-- ===== src/EndToEnd/AllGroups.antt =====
-- setVal's values on their way to the groups of all queries: fsnotify/filewatcher.go with its mutex,
-- and driver.go's runLoop of each group.
use hotload.Prelude.{
  AllBelow, AllBelow-intro, AllBelow-elim, ℕ, suc, ◌+◌, ◌<◌, ◌≤◌, ◌≡◌, refl, ◌∙◌, String, false,
  some, List, [], ◌∷◌, ◌++◌, All, All-In, In, inl, inr, if◌then◌else◌, str_eq, arith,
}
use hotload.State.{State}
use hotload.ChanGroup.{run_loop, process_new_value}
use hotload.ChanGroup.Reporting.{changes, last_value, run_loop-Reports}
use hotload.Fsnotify.{send, QueryWatch}
use hotload.Fsnotify.OpLoop.{OpLoop}
use hotload.Fsnotify.OpLoop.Fifo.{sends, sends-append}
use hotload.Fsnotify.Locking.{System, free, sending, new_system, Works, SetVal, Runs}
use hotload.Fsnotify.Locking.Measure.{measure}
use hotload.Fsnotify.Locking.Delivering.{Delivered, Runs-Call, set_vals-Delivered}
use hotload.Fsnotify.Locking.Kept.{Runs-IsKept}
use hotload.Fsnotify.Locking.Carrying.{PutLast, call-Carries, Carries-PutLast, Works-Carries}
use hotload.EndToEnd.{arrivals}

-- The last of the values, or `v` without one.
unfoldable pub last_sent : String → List String → String
last_sent v [] = v
last_sent v (w ∷ ws) = last_sent w ws

-- How many of the values differ from the one before them, the first from `v`.
unfoldable pub differing : String → List String → ℕ
differing v [] = 0
differing v (w ∷ ws) = (if str_eq w v then 0 else 1) + differing w ws

last_sent-append : (v : String) (ws : List String) (w : String) → last_sent v (ws ++ (w ∷ [])) ≡ w
unfolding last_sent
last_sent-append v [] w = refl
last_sent-append v (x ∷ ws) w = last_sent-append x ws w

PutLast-last_sent : (x v : String) (t : OpLoop) → PutLast v t → last_sent x (sends t.enqueued) ≡ v
PutLast-last_sent x v t (earlier, p) =
    rw (p, sends-append earlier (send v ∷ [])) (last_sent-append x (sends earlier) v)

below : (n i : ℕ) (is : List ℕ) → All (λ j. j < n) is → In i is → i < n
below n i [] a m = elim m [ ]
below n i (j ∷ is) a (inl e) = rw e a.0
below n i (j ∷ is) a (inr m) = below n i is a.1 m

module _ (redact : String → String) (clock : ℕ → ℕ) where
  arrivals-value :
      (v : String) (n : ℕ) (vs : List String)
      → last_value v (arrivals redact clock n vs) ≡ last_sent v vs
  unfolding last_value arrivals last_sent
  arrivals-value v n [] = refl
  arrivals-value v n (w ∷ ws) = arrivals-value w (suc n) ws

  arrivals-changes :
      (v : String) (n : ℕ) (vs : List String)
      → changes v (arrivals redact clock n vs) ≡ differing v vs
  unfolding changes arrivals differing
  arrivals-changes v n [] = refl
  arrivals-changes v n (w ∷ ws) = omega (arith, arrivals-changes w (suc n) ws)

  arrivals-going_on :
      (n : ℕ) (vs : List String) (g : State) → (run_loop g (arrivals redact clock n vs)).1 ≡ false
  unfolding run_loop arrivals
  arrivals-going_on n [] g = refl
  arrivals-going_on n (v ∷ vs) g =
      arrivals-going_on (suc n) vs (process_new_value g v (redact v) (clock n))

  -- The query's thread waits with an empty buffer, and its group, once it has taken in all that it
  -- received, goes on, has the last value put into the buffer and has counted each change.
  pub record Informed (g : State) (t : OpLoop) : Type 0 where
    pub at_rest : Delivered t
    pub goes_on : (run_loop g (arrivals redact clock 0 t.received)).1 ≡ false
    pub last_known :
        (run_loop g (arrivals redact clock 0 t.received)).0.group.value
        ≡ last_sent g.group.value (sends t.enqueued)
    pub counted :
        (run_loop g (arrivals redact clock 0 t.received)).0.change_total
        ≡ g.change_total + differing g.group.value (sends t.enqueued)

  Delivered-Informed : (g : State) (t : OpLoop) → Delivered t → Informed g t
  Delivered-Informed g t d =
      let (total, time, value) = run_loop-Reports g (arrivals redact clock 0 t.received) in
      record {
        at_rest = d;
        goes_on = arrivals-going_on 0 t.received g;
        last_known = rw (← d.all_received) (value ∙ arrivals-value g.group.value 0 t.received);
        counted =
            rw (← d.all_received)
              (omega (arith, total, arrivals-changes g.group.value 0 t.received));
      }

  -- Calls of setVal and moves, and how they end.
  set_vals-Informed :
      (n : ℕ) (q : ℕ → QueryWatch) (c : ℕ → ℕ) (g : ℕ → State) (s : System) (k : ℕ) (t : System)
      → ((i : ℕ) → (q i).update_chan ≡ some (c i))
      → ((i : ℕ) → (q i).oper_chan ≡ [])
      → Runs n (SetVal n) (new_system q) s
      → Works n s k t
      → (j : ℕ) × (u : System) × Works n t j u
        × (k + j ≤ measure n s)
        × (u.lock ≡ free)
        × AllBelow n (λ i. Informed (g i) (u.thread i))
  set_vals-Informed n q c g s k t chans empty r w =
      let (j, u, v, le, f, d) = set_vals-Delivered n q c s k t chans empty r w in
      (
        j,
        u,
        v,
        le,
        f,
        AllBelow-intro n (λ i l.
            Delivered-Informed (g i) (u.thread i)
              (AllBelow-elim n i (λ x. Delivered (u.thread x)) d l)),
      )

  -- While a call of setVal for some queries has the mutex, after whatever calls of setVal and moves
  -- from new queries with open channels: unless there is another call, there are at most as many
  -- moves as the measure says, and wherever they have led, they can go on until the mutex is free,
  -- every query's thread waits with an empty buffer, and the group of each query of the call, once
  -- it has taken in what was received, has the call's value. Each query's group then goes on, has
  -- the last value put into the buffer, and its hotload_change_total has grown by the number of
  -- values put into it that differ from the one before.
  pub sending-reaches_groups :
      (n : ℕ) (q : ℕ → QueryWatch) (c : ℕ → ℕ) (g : ℕ → State) (v : String) (is : List ℕ)
      (s : System) (k : ℕ) (t : System)
      → ((i : ℕ) → (q i).update_chan ≡ some (c i))
      → ((i : ℕ) → (q i).oper_chan ≡ [])
      → Runs n (SetVal n) (new_system q) s
      → s.lock ≡ sending (send v) is
      → Works n s k t
      → (j : ℕ) × (u : System) × Works n t j u
        × (k + j ≤ measure n s)
        × (u.lock ≡ free)
        × All
            (λ i.
              (run_loop (g i) (arrivals redact clock 0 (u.thread i).received)).0.group.value ≡ v)
            is
        × AllBelow n (λ i. Informed (g i) (u.thread i))
  sending-reaches_groups n q c g v is s k t chans empty r l w =
      let (j, u, x, le, f, d) = set_vals-Informed n q c g s k t chans empty r w in
      let kept = Runs-IsKept n q (Runs-Call n (new_system q) r) in
      let put : (i : ℕ) → In i is → PutLast v (u.thread i) = λ i m.
        Carries-PutLast v i u f
          (Works-Carries n v i x (Works-Carries n v i w (call-Carries v i is s l m))) in
      (
        j,
        u,
        x,
        le,
        f,
        All-In is (λ i m.
            (AllBelow-elim n i (λ x. Informed (g x) (u.thread x)) d
              (below n i is (kept.in_range (send v) is l) m)).last_known
            ∙ PutLast-last_sent (g i).group.value v (u.thread i) (put i m)),
        d,
      )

* **What to do**
Your reply should consist of all the records, restated exactly.

* **Task solution**
-- ===== src/EndToEnd/AllGroups.antt =====
-- setVal's values on their way to the groups of all queries: fsnotify/filewatcher.go with its mutex,
-- and driver.go's runLoop of each group.
use hotload.Prelude.{
  AllBelow, AllBelow-intro, AllBelow-elim, ℕ, suc, ◌+◌, ◌<◌, ◌≤◌, ◌≡◌, refl, ◌∙◌, String, false,
  some, List, [], ◌∷◌, ◌++◌, All, All-In, In, inl, inr, if◌then◌else◌, str_eq, arith,
}
use hotload.State.{State}
use hotload.ChanGroup.{run_loop, process_new_value}
use hotload.ChanGroup.Reporting.{changes, last_value, run_loop-Reports}
use hotload.Fsnotify.{send, QueryWatch}
use hotload.Fsnotify.OpLoop.{OpLoop}
use hotload.Fsnotify.OpLoop.Fifo.{sends, sends-append}
use hotload.Fsnotify.Locking.{System, free, sending, new_system, Works, SetVal, Runs}
use hotload.Fsnotify.Locking.Measure.{measure}
use hotload.Fsnotify.Locking.Delivering.{Delivered, Runs-Call, set_vals-Delivered}
use hotload.Fsnotify.Locking.Kept.{Runs-IsKept}
use hotload.Fsnotify.Locking.Carrying.{PutLast, call-Carries, Carries-PutLast, Works-Carries}
use hotload.EndToEnd.{arrivals}

-- The last of the values, or `v` without one.
unfoldable pub last_sent : String → List String → String
last_sent v [] = v
last_sent v (w ∷ ws) = last_sent w ws

-- How many of the values differ from the one before them, the first from `v`.
unfoldable pub differing : String → List String → ℕ
differing v [] = 0
differing v (w ∷ ws) = (if str_eq w v then 0 else 1) + differing w ws

last_sent-append : (v : String) (ws : List String) (w : String) → last_sent v (ws ++ (w ∷ [])) ≡ w
unfolding last_sent
last_sent-append v [] w = refl
last_sent-append v (x ∷ ws) w = last_sent-append x ws w

PutLast-last_sent : (x v : String) (t : OpLoop) → PutLast v t → last_sent x (sends t.enqueued) ≡ v
PutLast-last_sent x v t (earlier, p) =
    rw (p, sends-append earlier (send v ∷ [])) (last_sent-append x (sends earlier) v)

below : (n i : ℕ) (is : List ℕ) → All (λ j. j < n) is → In i is → i < n
below n i [] a m = elim m [ ]
below n i (j ∷ is) a (inl e) = rw e a.0
below n i (j ∷ is) a (inr m) = below n i is a.1 m

module _ (redact : String → String) (clock : ℕ → ℕ) where
  arrivals-value :
      (v : String) (n : ℕ) (vs : List String)
      → last_value v (arrivals redact clock n vs) ≡ last_sent v vs
  unfolding last_value arrivals last_sent
  arrivals-value v n [] = refl
  arrivals-value v n (w ∷ ws) = arrivals-value w (suc n) ws

  arrivals-changes :
      (v : String) (n : ℕ) (vs : List String)
      → changes v (arrivals redact clock n vs) ≡ differing v vs
  unfolding changes arrivals differing
  arrivals-changes v n [] = refl
  arrivals-changes v n (w ∷ ws) = omega (arith, arrivals-changes w (suc n) ws)

  arrivals-going_on :
      (n : ℕ) (vs : List String) (g : State) → (run_loop g (arrivals redact clock n vs)).1 ≡ false
  unfolding run_loop arrivals
  arrivals-going_on n [] g = refl
  arrivals-going_on n (v ∷ vs) g =
      arrivals-going_on (suc n) vs (process_new_value g v (redact v) (clock n))

  -- The query's thread waits with an empty buffer, and its group, once it has taken in all that it
  -- received, goes on, has the last value put into the buffer and has counted each change.
  pub record Informed (g : State) (t : OpLoop) : Type 0 where
    pub at_rest : Delivered t
    pub goes_on : (run_loop g (arrivals redact clock 0 t.received)).1 ≡ false
    pub last_known :
        (run_loop g (arrivals redact clock 0 t.received)).0.group.value
        ≡ last_sent g.group.value (sends t.enqueued)
    pub counted :
        (run_loop g (arrivals redact clock 0 t.received)).0.change_total
        ≡ g.change_total + differing g.group.value (sends t.enqueued)

  Delivered-Informed : (g : State) (t : OpLoop) → Delivered t → Informed g t
  Delivered-Informed g t d =
      let (total, time, value) = run_loop-Reports g (arrivals redact clock 0 t.received) in
      record {
        at_rest = d;
        goes_on = arrivals-going_on 0 t.received g;
        last_known = rw (← d.all_received) (value ∙ arrivals-value g.group.value 0 t.received);
        counted =
            rw (← d.all_received)
              (omega (arith, total, arrivals-changes g.group.value 0 t.received));
      }

  -- Calls of setVal and moves, and how they end.
  set_vals-Informed :
      (n : ℕ) (q : ℕ → QueryWatch) (c : ℕ → ℕ) (g : ℕ → State) (s : System) (k : ℕ) (t : System)
      → ((i : ℕ) → (q i).update_chan ≡ some (c i))
      → ((i : ℕ) → (q i).oper_chan ≡ [])
      → Runs n (SetVal n) (new_system q) s
      → Works n s k t
      → (j : ℕ) × (u : System) × Works n t j u
        × (k + j ≤ measure n s)
        × (u.lock ≡ free)
        × AllBelow n (λ i. Informed (g i) (u.thread i))
  set_vals-Informed n q c g s k t chans empty r w =
      let (j, u, v, le, f, d) = set_vals-Delivered n q c s k t chans empty r w in
      (
        j,
        u,
        v,
        le,
        f,
        AllBelow-intro n (λ i l.
            Delivered-Informed (g i) (u.thread i)
              (AllBelow-elim n i (λ x. Delivered (u.thread x)) d l)),
      )

  -- While a call of setVal for some queries has the mutex, after whatever calls of setVal and moves
  -- from new queries with open channels: unless there is another call, there are at most as many
  -- moves as the measure says, and wherever they have led, they can go on until the mutex is free,
  -- every query's thread waits with an empty buffer, and the group of each query of the call, once
  -- it has taken in what was received, has the call's value. Each query's group then goes on, has
  -- the last value put into the buffer, and its hotload_change_total has grown by the number of
  -- values put into it that differ from the one before.
  pub sending-reaches_groups :
      (n : ℕ) (q : ℕ → QueryWatch) (c : ℕ → ℕ) (g : ℕ → State) (v : String) (is : List ℕ)
      (s : System) (k : ℕ) (t : System)
      → ((i : ℕ) → (q i).update_chan ≡ some (c i))
      → ((i : ℕ) → (q i).oper_chan ≡ [])
      → Runs n (SetVal n) (new_system q) s
      → s.lock ≡ sending (send v) is
      → Works n s k t
      → (j : ℕ) × (u : System) × Works n t j u
        × (k + j ≤ measure n s)
        × (u.lock ≡ free)
        × All
            (λ i.
              (run_loop (g i) (arrivals redact clock 0 (u.thread i).received)).0.group.value ≡ v)
            is
        × AllBelow n (λ i. Informed (g i) (u.thread i))
  sending-reaches_groups n q c g v is s k t chans empty r l w =
      let (j, u, x, le, f, d) = set_vals-Informed n q c g s k t chans empty r w in
      let kept = Runs-IsKept n q (Runs-Call n (new_system q) r) in
      let put : (i : ℕ) → In i is → PutLast v (u.thread i) = λ i m.
        Carries-PutLast v i u f
          (Works-Carries n v i x (Works-Carries n v i w (call-Carries v i is s l m))) in
      (
        j,
        u,
        x,
        le,
        f,
        All-In is (λ i m.
            (AllBelow-elim n i (λ x. Informed (g x) (u.thread x)) d
              (below n i is (kept.in_range (send v) is l) m)).last_known
            ∙ PutLast-last_sent (g i).group.value v (u.thread i) (put i m)),
        d,
      )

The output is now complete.